And the sudden shrinking, sick feeling that she, somehow, is this mysterious cliff he can't topple over.
Can't doesn't make sense. None of it makes sense, and she's staring at him in outright surprise, feeling blank, like an interruption made human, the space between, white noise and static. And if can't doesn't make sense, the last words don't even register as English. She has to shake herself a little, just to be sure she heard them.
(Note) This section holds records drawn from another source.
-- ===== src/Prover/Verified.antt =====
-- A job of the prover is completed only with a proof that has verified.
use shade.Shared.{String, true, ◌≡◌, refl, Option, none, some, ◌==◌, List, inl, inr, Bool-cases}
use shade.Shared.Results.{Result, ok, err, running}
use shade.Shared.State.{Action, Holds, Returns, >>=-Returns, >>=-skip, lift-Returns, guard-Returns}
use shade.Queue.{ServiceJob}
use shade.Cctp.Chain.{DepositBinding}
use shade.Proving.{
  GeneratedCoin, WithdrawBinding, Input, Files, Roots, Groth, Tools, prove, build_note_proof,
  build_transfer_proof, build_deposit_proof,
}
use shade.Prover.{
  ProofPayload, ProofResult, note_proof, transfer_proof, deposit_proof, on_files, prove_transfer,
  prove_deposit, prove_note, prove_job, process_proof_job,
}

-- What the result shows of a proof.
abbrev pub Shows : ProofResult → Groth → Type 0
Shows (note_proof proof public root) g = (proof ≡ g.proof_hex) × (public ≡ g.public_hex)
Shows (transfer_proof proof public state association output) g =
    (proof ≡ g.proof_hex) × (public ≡ g.public_hex)
Shows (deposit_proof proof public commitment) g = (proof ≡ g.proof_hex) × (public ≡ g.public_hex)

module _ (tools : Tools) (scratch : String) where
  -- The result shows a proof that was made of some input and has verified.
  abbrev pub IsVerified : ProofResult → Type 0
  IsVerified r =
      (input : Input) × (g : Groth) × (tools.groth16 input ≡ ok g) × (g.verified ≡ true) × Shows r g

  abbrev Made : Groth → Type 0
  Made g = (input : Input) × (tools.groth16 input ≡ ok g)

  abbrev first-Made : Groth × Roots → Type 0
  first-Made r = Made r.0

  module _ (tag : String) where
    prove-Made :
        (input : Input) (wtns prefix : String)
        → Returns Made (prove tools scratch tag input wtns prefix)
    unfolding prove
    prove-Made input wtns prefix = >>=-skip Made _ _ λ _. >>=-skip Made _ _ λ _.
        >>=-Returns _ Made _ _ (lift-Returns (tools.groth16 input))
          λ g made. >>=-skip Made _ _ λ _. >>=-skip Made _ _ λ _. λ s. (input, made)

    build_note_proof-Made :
        (coin : GeneratedCoin) (commitments : List String) (scope assoc : String)
        (binding : Option WithdrawBinding)
        → Returns
            (λ r. Made r.0)
            (build_note_proof tools scratch tag coin commitments scope assoc binding)
    unfolding build_note_proof
    build_note_proof-Made coin commitments scope assoc binding = >>=-skip first-Made _ _ λ _.
        >>=-skip first-Made _ _ λ roots.
          >>=-skip first-Made _ _
            λ _. >>=-Returns Made first-Made _ _ (prove-Made _ "_witness.wtns" "_") λ g made s. made

    build_transfer_proof-Made :
        (coin : GeneratedCoin) (commitments : List String) (scope fee : String)
        (assoc : Option String)
        → Returns
            (λ r. Made r.0)
            (build_transfer_proof tools scratch tag coin commitments scope fee assoc)
    unfolding build_transfer_proof
    build_transfer_proof-Made coin commitments scope fee assoc = >>=-skip first-Made _ _ λ _.
        >>=-skip first-Made _ _ λ roots. >>=-skip first-Made _ _ λ _.
          >>=-skip first-Made _ _
            λ _. >>=-Returns Made first-Made _ _ (prove-Made _ "_x.wtns" "_x_") λ g made s. made

    build_deposit_proof-Made :
        (coin : GeneratedCoin) (b : DepositBinding)
        → Returns Made (build_deposit_proof tools scratch tag coin b)
    unfolding build_deposit_proof
    build_deposit_proof-Made coin b =
        >>=-skip Made _ _ λ input. >>=-skip Made _ _ λ _. prove-Made input "_dep.wtns" "_dep_"

  -- Code on the files returns what it returns.
  on_files-Returns :
      {A : Type 0} (Q : A → Type 0) (m : Action Files A) → Returns Q m → Returns Q (on_files m)
  unfolding on_files
  on_files-Returns {A} Q m h w = kept (m w.files).0 (m w.files).1 (h w.files)
    where
      kept :
          (r : Result A) (files : Files)
          → Holds (λ a _. Q a) (r, files)
          → Holds (λ a _. Q a) (r, record w { files = files })
      kept (ok a) files k = k
      kept (err e) files k = tt
      kept running files k = tt

  module _ (p : ProofPayload) (tag : String) (coin : GeneratedCoin) (job_id job_type : String) where
    prove_transfer-IsVerified :
        Returns IsVerified (prove_transfer tools scratch p tag coin job_id job_type)
    unfolding prove_transfer
    prove_transfer-IsVerified = >>=-skip IsVerified _ _ λ assoc.
        >>=-Returns first-Made IsVerified _ _
          (on_files-Returns first-Made _ (build_transfer_proof-Made tag coin _ _ _ (some assoc)))
          λ r made.
            >>=-Returns (λ _. r.0.verified ≡ true) IsVerified _ _
              (>>=-skip (λ _. r.0.verified ≡ true) _ _ λ _. guard-Returns r.0.verified _)
              λ _ verified w. (made.0, r.0, made.1, verified, (refl, refl))

    prove_note-IsVerified : Returns IsVerified (prove_note tools scratch p tag coin job_id job_type)
    unfolding prove_note
    prove_note-IsVerified = >>=-skip IsVerified _ _ λ assoc.
        >>=-Returns first-Made IsVerified _ _
          (on_files-Returns first-Made _ (build_note_proof-Made tag coin _ _ assoc p.binding))
          λ r made.
            >>=-Returns (λ _. r.0.verified ≡ true) IsVerified _ _
              (>>=-skip (λ _. r.0.verified ≡ true) _ _ λ _. guard-Returns r.0.verified _)
              λ _ verified w. (made.0, r.0, made.1, verified, (refl, refl))

    prove_deposit-IsVerified :
        (b : Option DepositBinding)
        → Returns IsVerified (prove_deposit tools scratch p tag coin job_id job_type b)
    unfolding prove_deposit
    prove_deposit-IsVerified none = λ w. tt
    prove_deposit-IsVerified (some b) =
        >>=-Returns Made IsVerified _ _
          (on_files-Returns Made _ (build_deposit_proof-Made tag coin b))
          λ g made.
            >>=-Returns (λ _. g.verified ≡ true) IsVerified _ _
              (>>=-skip (λ _. g.verified ≡ true) _ _ λ _. guard-Returns g.verified _)
              λ _ verified w. (made.0, g, made.1, verified, (refl, refl))

    pub prove_job-IsVerified :
        Returns IsVerified (prove_job tools scratch p tag coin job_id job_type)
    unfolding prove_job
    prove_job-IsVerified = elim (Bool-cases (job_type == "private_transfer")) [
      | inl transfer ↦ rw transfer prove_transfer-IsVerified
      | inr other ↦ rw other (elim (Bool-cases (job_type == "deposit_note_mint")) [
        | inl mint ↦ rw mint (prove_deposit-IsVerified p.deposit_binding)
        | inr note ↦ rw note prove_note-IsVerified
      ])
    ]

  -- A job of the prover, of whatever type, returns only a result that shows a proof of some input which
  -- has verified.
  pub process_proof_job-IsVerified :
      (j : ServiceJob ProofPayload ProofResult)
      → Returns IsVerified (process_proof_job tools scratch j)
  unfolding process_proof_job
  process_proof_job-IsVerified j = >>=-skip IsVerified _ _ λ coin. >>=-skip IsVerified _ _ λ _.
      >>=-skip IsVerified _ _ λ _.
        >>=-Returns IsVerified IsVerified _ _
          (prove_job-IsVerified j.payload _ coin j.job_id j.job_type)
          λ result verified.
            >>=-skip IsVerified _ _
              λ _. >>=-skip IsVerified _ _ λ _. >>=-skip IsVerified _ _ λ _ w. verified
"There's..." Blinking. Befuddled. Dropped suddenly into cold water, sparking, electric flirtation smothered with a damp rag. "What?"
Too baffled even to be hurt. There's never been someone else. Never. Not a someone else who leads to can't. There have been people, over the years. Here and there. She doesn't ask a lot of questions, and neither does he, but there are months or sometimes a year or more where they don't see each other, and it's not like they spend that time in solitary confinement. There are men and women. There's companionship and good times. There has, occasionally, even been a boyfriend or two serious enough that she's called things off, though usually gone by the next time they meet.
But Steve? Steve has never. Not since she's known him. Not even her, back when that was what she wanted from him, and that's a mean, jealous little dig that's beneath her, twisting there in her stomach, so she ignores it, in favor of staring at Steve like him sprouting a second head or a third arm would be less surprising, because it is. "You are..." Floundering, picking up words like pebbles and dropping them through numb fingers again.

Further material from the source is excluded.